Merging raw block device writes

Michael Kelley <mhklinux@xxxxxxxxxxx> · Sat, 25 Nov 2023 17:38:28 +0000

About 18 months ago, I raised an issue with merging of direct raw block
device writes. [1]   At the time, nobody offered any input on the issue.
To recap, when multiple direct write requests are in-flight to a raw block
device with I/O scheduler "none", and requests must wait for budget
(i.e., the device is SCSI), write requests don't go on a blk-mq software
queue, and no merging is done.  Direct read requests that must wait for
budget *do* go on a software queue and merges happen.
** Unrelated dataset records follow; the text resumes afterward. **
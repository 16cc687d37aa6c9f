-- ===== src/Tests/Roster.antt =====
-- Players who join and leave.
use macintosh_craft.Base.{
  ℕ, zero, suc, ◌≤◌, ◌≡◌, ◌≢◌, ◌<◌, ◌⊎◌, refl, true, false, none, some, List, [], ◌∷◌, arith,
}
use macintosh_craft.Base.Int.{pos, negsuc}
use macintosh_craft.Players.{PlayerData}
use macintosh_craft.Players.Clients.{ClientState, max_players}
use macintosh_craft.Players.Roster.{
  Roster, is_unset, reserve_player_data, get_player_data, handle_player_disconnect,
}
use macintosh_craft.Players.Roster.Kept.{IsRoster}
use macintosh_craft.Players.Roster.Joined
use macintosh_craft.Tests.Data.{miner}

-- Offline, in a slot that was never used.
abbrev nobody : PlayerData
nobody = record miner { uuid = 0 ∷ 0 ∷ []; client_fd = negsuc 0 }

abbrev somebody : PlayerData
somebody = record miner { uuid = 7 ∷ 1 ∷ []; client_fd = pos 4 }

abbrev slot : ℕ → PlayerData
slot zero = somebody
slot (suc k) = nobody

-- One player, who is online.
abbrev one_player : Roster
one_player = record { players = slot; player_data_count = 1 }

used_slot : (k : ℕ) → k < 1 → is_unset (slot k).uuid ≡ false
unfolding is_unset
used_slot zero h = refl
used_slot (suc k) h = absurd (omega arith)

free_slot : (k : ℕ) → 1 ≤ k → is_unset (slot k).uuid ≡ true
unfolding is_unset
free_slot zero h = absurd (omega arith)
free_slot (suc k) h = refl

idle_slot : (k : ℕ) → 1 ≤ k → (slot k).client_fd ≡ negsuc 0
idle_slot zero h = absurd (omega arith)
idle_slot (suc k) h = refl

one_online :
    (a b : ℕ) → (slot a).client_fd ≡ (slot b).client_fd → (slot a).client_fd ≢ negsuc 0 → a ≡ b
one_online zero zero e real = refl
one_online zero (suc b) e real = absurd (real e)
one_online (suc a) b e real = absurd (real refl)

one_player-IsRoster : IsRoster one_player
one_player-IsRoster = record {
  bounded = omega arith;
  used = used_slot;
  free = λ k h l. free_slot k h;
  idle = λ k h l. idle_slot k h;
  distinct = λ a b ha hb e. omega arith;
  online = λ a b ha hb. one_online a b;
}

five_is_new : (k : ℕ) → (slot k).client_fd ≢ pos 5
five_is_new zero e = ground arith
five_is_new (suc k) e = ground arith

abbrev newcomers_uuid : List ℕ
newcomers_uuid = 9 ∷ 9 ∷ []

is_named : is_unset newcomers_uuid ≡ false
unfolding is_unset
is_named = refl

reserve_player_data-law_example :
    ((i : ℕ) × (t : Roster) × (reserve_player_data one_player (pos 5) newcomers_uuid (65 ∷ 0 ∷ [])
        ≡ some t)
      × IsRoster t
      × (get_player_data t.players (pos 5) ≡ some i)
      × ((t.players i).uuid ≡ newcomers_uuid)
      × ((t.players i).flags.loading ≡ true)
      × (i < 1 → Joined.SameBelongings (t.players i) (slot i))
      × ((k : ℕ) → k ≢ i → t.players k ≡ slot k))
    ⊎ ((reserve_player_data one_player (pos 5) newcomers_uuid (65 ∷ 0 ∷ []) ≡ none)
        × (1 ≡ max_players)
        × ((k : ℕ) → k < max_players → (slot k).uuid ≢ newcomers_uuid))
reserve_player_data-law_example =
    Joined.reserve_player_data-law one_player (pos 5) newcomers_uuid (65 ∷ 0 ∷ [])
      one_player-IsRoster is_named (λ k h. five_is_new k)

abbrev states : ℕ → ClientState
states k = record { client_fd = negsuc 0; state = pos 0 }

handle_player_disconnect-gone_example :
    let t = (handle_player_disconnect one_player states (pos 4)).roster in
    IsRoster t
    × (get_player_data t.players (pos 4) ≡ none)
    × ((k : ℕ)
        → ((t.players k).uuid ≡ (slot k).uuid) × Joined.SameBelongings (t.players k) (slot k))
handle_player_disconnect-gone_example =
    Joined.handle_player_disconnect-gone one_player states (pos 4) one_player-IsRoster
      (λ e. ground arith)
Recently, I noticed that the problem has been fixed in the latest
upstream kernel, and I had time to do further investigation on the
issue.  Bisecting shows the problem first occurred in 5.16-rc1 with
commit dc5fc361d891 from Jens Axboe.  This commit actually prevents
merging of both reads and writes.  But reads were indirectly fixed in
commit 54a88eb838d3 from Pavel Begunkov, also in 5.16-rc1, so
the read problem never occurred in a release.   There's no mention
of merging in either commit message, so I suspect the effect on
merging was unintentional in both cases.   In 5.16, blkdev_read_iter()
does not create a plug list, while blkdev_write_iter() does.  But the
lower level __blkdev_direct_IO() creates a plug list for both reads
and writes, which is why commit dc5fc361d891 broke both.  Then
commit 54a88eb838d3 bypassed __blkdev_direct_IO() in most
cases, and the new path does not create a plug list.  So reads
typically proceed without a plug list, and the merging can happen.
Writes still don't merge because of the plug list in the higher level
blkdev_write_iter().

The situation stayed that way until 6.5-rc1 when commit
712c7364655f from Christoph removed the plug list from
blkdev_write_iter().  Again, there's no mention of merging in the
commit message, so fixing the merge problem may be happenstance.

Hyper-V guests and the Azure cloud have a particular interest here
because Hyper-V guests uses SCSI as the standard interface to virtual
disks.  Azure cloud disks can be throttled to a limited number of IOPS,
so the number of in-flights I/Os can be relatively high, and
merging can be beneficial to staying within the throttle
limits.  Of the flip side, this problem hasn't generated complaints
over the last 18 months that I'm aware of, though that may be more
because commercial distros haven't been running 5.16 or later kernels
until relatively recently.

In any case, the 6.5 kernel fixes the problem, at least in the
common cases where there's no plug list.  But I still wonder if
there's a latent problem with the original commit dc5fc361d891
that should be looked at by someone with more blk-mq expertise
than I have.

Michael

[1] https://lore.kernel.org/linux-block/PH0PR21MB3025A7D1326A92A4B8BDB5FED7B59@xxxxxxxxxxxxxxxxxxxxxxxxxxxxxxxxxxxxxxx/